On Wednesday, Securities regulators in the US states of Texas and Alabama ordered an online casino developing firm to stop selling non-fungible tokens (NFTs).
As per reports, the regulators have accused the The Cyprus-based firm, Sand Vegas Casino Club of illegally granting unregistered securities and thus, duping the public.
The company and its co-founders Martin Schwarzberger and Finn Ruben Warnke are accused of offering 11,111 NFTs in a “high-tech fraudulent securities offering”.
The offering was made to raise funds to develop virtual casinos in the metaverse. The Texas State Securities Board stated that the accused also incorrectly told potential customers that the tokens were not securities.
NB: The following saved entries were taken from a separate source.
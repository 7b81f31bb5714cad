-- ===== src/Rating/Explain/Replay.antt =====
-- The explanation of a fresh result of backend/arena/rating/engine.py by backend/arena/rating/explain.py.
use arena_rank_project.Prelude.{
  ℕ, ◌-◌, ltb, ◌≡◌, refl, sym, ap, ◌∙◌, subst, Bool, true, false, not, Option, none, some,
  if◌then◌else◌, Option-cases, if_intro, inl, inr, ◌⊎◌,
}
use arena_rank_project.Prelude.Int.{pos}
use arena_rank_project.Prelude.Result.{if_result, Result, ok, ◌>>=◌, >>=-eq-ok, ok_inj}
use arena_rank_project.Floats.{Floats}
use arena_rank_project.Rating.Params.{Error, CapParams, RatingParams}
use arena_rank_project.Rating.Caps.{
  unbound, mismatch_override, high_cr_scale, composite_win_mult, zero_f, one_f, CapDecision,
  decide_pdl_cap,
}
use arena_rank_project.Rating.Modifiers.{soft_cap_factor}
use arena_rank_project.Rating.Engine.{
  unit, mu_for, CapExplanation, ParticipantInput, PlayerRatingResult, capped, frozen, modified_step,
}
use arena_rank_project.Rating.Rate.{finish, rate_eligible, rate_player}
use arena_rank_project.Rating.Explain.Entries.{
  ExplainInput, CapVerdict, PdlExplanation, Ledger, chain_ledger,
}
use arena_rank_project.Rating.Explain.Tiers.{
  Stage, bare_verdict, or_else, uncapped_stage, replayed_stage, cap_from, cap_stage,
}
use arena_rank_project.Rating.Explain.{
  lump_stage, zero_floor_stage, adjusted_stage, is_zero_floored, has_gap, gap_stage, closed_stage,
  explanation_of, explain, result_input, explain_result,
}

not_ineligible : {A : Type 0} {b : Bool} (x y : A) → b ≡ true → (if not b then x else y) ≡ y
not_ineligible x y e = rw e refl

module _ (fl : Floats) where
  open fl use {Float, of_int, add, sub, div}

  abbrev verdict_on : CapExplanation fl → Float → CapVerdict fl
  verdict_on cf raw = record {
    active = true;
    bound = cf.decision.bound;
    gain_cap = some cf.decision.hi;
    loss_cap = some cf.decision.lo;
    min_gain = some cf.decision.floor;
    raw_pdl = some raw;
    adjustment_pdl = some (sub cf.decision.value raw);
    mismatch_override = some cf.mismatch_override;
    high_cr_scale = some cf.high_cr_scale;
    composite_win = some cf.composite_win;
  }

  -- The verdict that repeats the facts of the cap layer.
  abbrev pub verdict_from : Option (CapExplanation fl) → CapVerdict fl
  verdict_from none = bare_verdict fl false
  verdict_from (some cf) = verdict_on cf cf.raw_cr_delta

  bind-ok :
      {A B : Type 0} {a : A} (first : Result Error A) (next : A → Result Error B)
      → first ≡ ok a
      → (first >>= next) ≡ next a
  bind-ok first next e = ap (λ m. m >>= next) e

  closed_stage-verdict :
      (inp : ExplainInput fl) (st : Stage fl) → (closed_stage fl inp st).verdict ≡ st.verdict
  unfolding closed_stage
  closed_stage-verdict inp st =
      let P : Stage fl → Type 0 = λ s. s.verdict ≡ st.verdict in
      if_intro P st.lump (lump_stage fl inp st) (gap_stage fl inp st) (λ e. refl)
        (λ e.
          if_intro P (has_gap fl inp st)
            (if is_zero_floored fl inp st
              then zero_floor_stage fl inp st
              else adjusted_stage fl inp st)
            st
            (λ z.
              if_intro P (is_zero_floored fl inp st) (zero_floor_stage fl inp st)
                (adjusted_stage fl inp st) (λ f. refl) (λ f. refl))
            (λ z. refl))

  -- The facts that the engine kept: the decision is that of its inputs.
  record AreFacts (cp : CapParams fl) (placement team_count : ℕ) (raw : Float)
      (cf : CapExplanation fl) : Type 0 where
    same_raw : raw ≡ cf.raw_cr_delta
    decided :
        decide_pdl_cap fl cf.raw_cr_delta placement team_count cf.composite_win cf.composite_loss cp
          cf.gain_floor_mult
        ≡ ok cf.decision

  -- A cap layer without facts, or with those of its decision.
  data AreKept (placement team_count : ℕ) (raw : Float)
      : Option (CapParams fl) → Option (CapExplanation fl) → Type 0 where
    nothing_kept : AreKept placement team_count raw none none
    facts_kept :
        (cp : CapParams fl) (cf : CapExplanation fl)
        → AreFacts cp placement team_count raw cf
        → AreKept placement team_count raw (some cp) (some cf)

  replayed_stage-verdict :
      (inp : ExplainInput fl) (l : Ledger fl) (cp : CapParams fl) (cf : CapExplanation fl)
      → AreFacts cp inp.placement inp.team_count
          (or_else fl inp.pre_cap_cr_delta
            (add l.running (or_else fl inp.confidence_cr (zero_f fl))))
          cf
      → (st : Stage fl) × (replayed_stage fl inp cp cf l ≡ ok st)
        × (st.verdict ≡ verdict_from (some cf))
  unfolding replayed_stage
  replayed_stage-verdict inp l cp cf facts =
      let decide : Float → Result Error (CapDecision fl) = λ x.
        decide_pdl_cap fl x inp.placement inp.team_count cf.composite_win cf.composite_loss cp
          cf.gain_floor_mult in
      (_, bind-ok _ _ (ap decide facts.same_raw ∙ facts.decided), ap (verdict_on cf) facts.same_raw)

  abbrev raw_of : ExplainInput fl → Ledger fl → Float
  raw_of inp l =
      or_else fl inp.pre_cap_cr_delta (add l.running (or_else fl inp.confidence_cr (zero_f fl)))

  cap_from-verdict :
      (inp : ExplainInput fl) (l : Ledger fl) (caps : Option (CapParams fl))
      (facts : Option (CapExplanation fl))
      → AreKept inp.placement inp.team_count (raw_of inp l) caps facts
      → (st : Stage fl) × (cap_from fl inp l caps facts ≡ ok st) × (st.verdict ≡ verdict_from facts)
  unfolding cap_from uncapped_stage
  cap_from-verdict inp l _ _ nothing_kept = (_, refl, refl)
  cap_from-verdict inp l _ _ (facts_kept cp cf h) = replayed_stage-verdict inp l cp cf h

  explain-verdict :
      (inp : ExplainInput fl)
      → inp.eligible ≡ true
      → AreKept inp.placement inp.team_count
          (raw_of inp (chain_ledger fl inp))
          inp.params.caps
          inp.cap_facts
      → (out : PdlExplanation fl) × (explain fl inp ≡ ok out)
        × (out.cap ≡ verdict_from inp.cap_facts)
  unfolding explain cap_stage
  explain-verdict inp e h =
      let (st, is, same) =
        cap_from-verdict inp (chain_ledger fl inp) inp.params.caps inp.cap_facts h in
      (
        explanation_of fl inp (closed_stage fl inp st),
        not_ineligible _ _ e ∙ bind-ok _ _ is,
        closed_stage-verdict inp st ∙ same,
      )

  module _ (pt : ParticipantInput fl) (total : Float) (n : ℕ) (cr : Float) (cp : CapParams fl) where
    abbrev mean_of : Float
    mean_of = if ltb 1 n then div (sub total pt.state.mu) (of_int (pos (n - 1))) else pt.state.mu

    -- The facts that the engine keeps of a decision.
    abbrev facts_of : CapDecision fl → CapExplanation fl
    facts_of d =
        let ovr =
          mismatch_override fl pt.state.mu mean_of pt.state.sigma pt.state.matches_played cp in
        let hcs = high_cr_scale fl pt.state.cr cp in
        record {
          decision = d;
          raw_cr_delta = sub cr pt.state.cr;
          mismatch_override = ovr;
          high_cr_scale = hcs;
          composite_win = composite_win_mult fl ovr hcs (one_f fl) cp;
          composite_loss = one_f fl;
          gain_floor_mult = sub (one_f fl) (unit fl pt.boosting_penalty_factor);
          lobby_mean_mu = mean_of;
        }

    abbrev capped_pair :
        Float
        → Float
        → RatingParams fl
        → CapDecision fl
        → Float × Float × Option (CapExplanation fl)
    capped_pair mu sigma p d =
        if d.changed
        then (
          add pt.state.cr d.value,
          mu_for fl (add pt.state.cr d.value) sigma p,
          some (facts_of d),
        )
        else (cr, mu, some (facts_of d))

    capped_pair-AreKept :
        (placement team_count : ℕ) (mu sigma : Float) (p : RatingParams fl) (d : CapDecision fl)
        → AreFacts cp placement team_count (sub cr pt.state.cr) (facts_of d)
        → AreKept placement team_count (sub cr pt.state.cr) (some cp) (capped_pair mu sigma p d).2
    capped_pair-AreKept placement team_count mu sigma p d h =
        if_intro
          (λ (u : Float × Float × Option (CapExplanation fl)).
            AreKept placement team_count (sub cr pt.state.cr) (some cp) u.2)
          d.changed
          (add pt.state.cr d.value, mu_for fl (add pt.state.cr d.value) sigma p, some (facts_of d))
          (cr, mu, some (facts_of d)) (λ c. facts_kept cp (facts_of d) h)
          (λ c. facts_kept cp (facts_of d) h)

  module _ (placement team_count : ℕ) (pt : ParticipantInput fl) (total : Float) (n : ℕ) where
    abbrev decided_by : Float → CapParams fl → Result Error (CapDecision fl)
    decided_by cr cp =
        let cf =
          facts_of pt total n cr cp
            record { value = cr; changed = true; lo = cr; hi = cr; floor = cr; bound = unbound } in
        decide_pdl_cap fl cf.raw_cr_delta placement team_count cf.composite_win cf.composite_loss cp
          cf.gain_floor_mult

    capped-AreKept :
        (cr mu sigma : Float) (p : RatingParams fl) (o : Float × Float × Option (CapExplanation fl))
        → capped fl placement team_count pt total n cr mu sigma p ≡ ok o
        → AreKept placement team_count (sub cr pt.state.cr) p.caps o.2
    unfolding capped
    capped-AreKept cr mu sigma p o h =
        let raw = sub cr pt.state.cr in
        elim (Option-cases p.caps) [
          | inl e ↦
              subst (λ c. AreKept placement team_count raw c o.2) (sym e)
                (subst (λ u. AreKept placement team_count raw none u.2) (ok_inj (rw e at h))
                  nothing_kept)
          | inr (cp, e) ↦
              let (d, decided, last) =
                >>=-eq-ok (decided_by cr cp) (λ d. ok (capped_pair pt total n cr cp mu sigma p d))
                  {b = o} (rw e at h) in
              subst (λ c. AreKept placement team_count raw c o.2) (sym e)
                (subst (λ u. AreKept placement team_count raw (some cp) u.2) (ok_inj last)
                  (capped_pair-AreKept pt total n cr cp placement team_count mu sigma p d
                    record { same_raw = refl; decided = decided }))
        ]

  -- The explanation of a result of the engine.
  pub record IsReplayed (p : RatingParams fl) (placement team_count : ℕ) (r : PlayerRatingResult fl)
      : Type 0 where
    pub explanation : PdlExplanation fl
    pub returned : explain_result fl p placement team_count r ≡ ok explanation
    pub verdict : explanation.cap ≡ verdict_from r.cap
    pub factor :
        r.eligible ≡ false
        ⊎ soft_cap_factor fl r.cr_before r.modifiers.pl_base_delta_mu p
          ≡ r.modifiers.soft_cap_factor

  frozen-IsReplayed :
      (pt : ParticipantInput fl) (is_win : Bool) (p : RatingParams fl) (placement team_count : ℕ)
      → IsReplayed p placement team_count (frozen fl pt is_win team_count)
  unfolding explain_result explain frozen
  frozen-IsReplayed pt is_win p placement team_count = record {
    explanation = _;
    returned = refl;
    verdict = refl;
    factor = inl refl;
  }

  -- The record that `finish` returns.
  module _ (placement team_count : ℕ) (pt : ParticipantInput fl) (p : RatingParams fl) where
    kept-IsReplayed :
        (r : PlayerRatingResult fl)
        → r.eligible ≡ true
        → AreKept placement team_count r.pre_cap_cr_delta p.caps r.cap
        → soft_cap_factor fl r.cr_before r.modifiers.pl_base_delta_mu p
          ≡ r.modifiers.soft_cap_factor
        → IsReplayed p placement team_count r
    unfolding explain_result
    kept-IsReplayed r e kept factor =
        let (out, returned, same) =
          explain-verdict (result_input fl p placement team_count r) e kept in
        record { explanation = out; returned = returned; verdict = same; factor = inr factor }

    finish-IsReplayed :
        (base sigma_new cr : Float) (o : Float × Float × Option (CapExplanation fl))
        (r : PlayerRatingResult fl)
        → AreKept placement team_count (sub cr pt.state.cr) p.caps o.2
        → finish fl placement team_count pt p
            (modified_step fl placement team_count pt base p)
            sigma_new
            cr
            o
          ≡ ok r
        → IsReplayed p placement team_count r
    unfolding finish modified_step
    finish-IsReplayed base sigma_new cr o r kept h =
        subst (IsReplayed p placement team_count) (ok_inj h) (kept-IsReplayed _ refl kept refl)

    rate_eligible-IsReplayed :
        (total : Float) (n : ℕ) (mu_pl sigma_pl : Float) (r : PlayerRatingResult fl)
        → rate_eligible fl placement team_count total n pt mu_pl sigma_pl p ≡ ok r
        → IsReplayed p placement team_count r
    unfolding rate_eligible
    rate_eligible-IsReplayed total n mu_pl sigma_pl r h =
        let (o, is, fin) = >>=-eq-ok (capped fl placement team_count pt total n _ _ _ p) _ h in
        finish-IsReplayed _ _ _ o r (capped-AreKept placement team_count pt total n _ _ _ p o is)
          fin

  -- Explaining the result that the engine has just computed for a player always returns. The cap verdict of
  -- the explanation is the one that the engine took and kept, decided again from the kept facts, and the
  -- factor of the soft cap, which is computed again, is the one that the engine applied.
  pub rate_player-IsReplayed :
      (placement team_count : ℕ) (total : Float) (n : ℕ) (pt : ParticipantInput fl)
      (new_r : Float × Float) (p : RatingParams fl) (r : PlayerRatingResult fl)
      → rate_player fl placement team_count total n pt new_r p ≡ ok r
      → IsReplayed p placement team_count r
  unfolding rate_player
  rate_player-IsReplayed placement team_count total n pt new_r p r h =
      if_result pt.eligible_for_progression _ _ h
        (rate_eligible-IsReplayed placement team_count pt p total n new_r.0 new_r.1 r)
        (λ same.
          subst (IsReplayed p placement team_count) (ok_inj same)
            (frozen-IsReplayed pt _ p placement team_count))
Sand Vegas guaranteed buyers of its Gambler and Golden Gambler NFTs that they would get a share in virtual casino profits. They even predicted proceeds of as much as $81,000 each year for that matter.
After the case was brought to notice, OpenSea, the NFT marketplace, stopped the selling, transferring, and buying of Sand Vegas tokens for they have violated the terms and services of the platform.
U.S. authorities seeking to clamp down on illegal crypto related activities mostly resort to the cease-and-desist order.
Citing similar risks of illegal financial activities associated with NFTs, Chinese regulators, too emphasised on “resolutely curbing” NFTs’ speculative behaviour in financial products and securitization.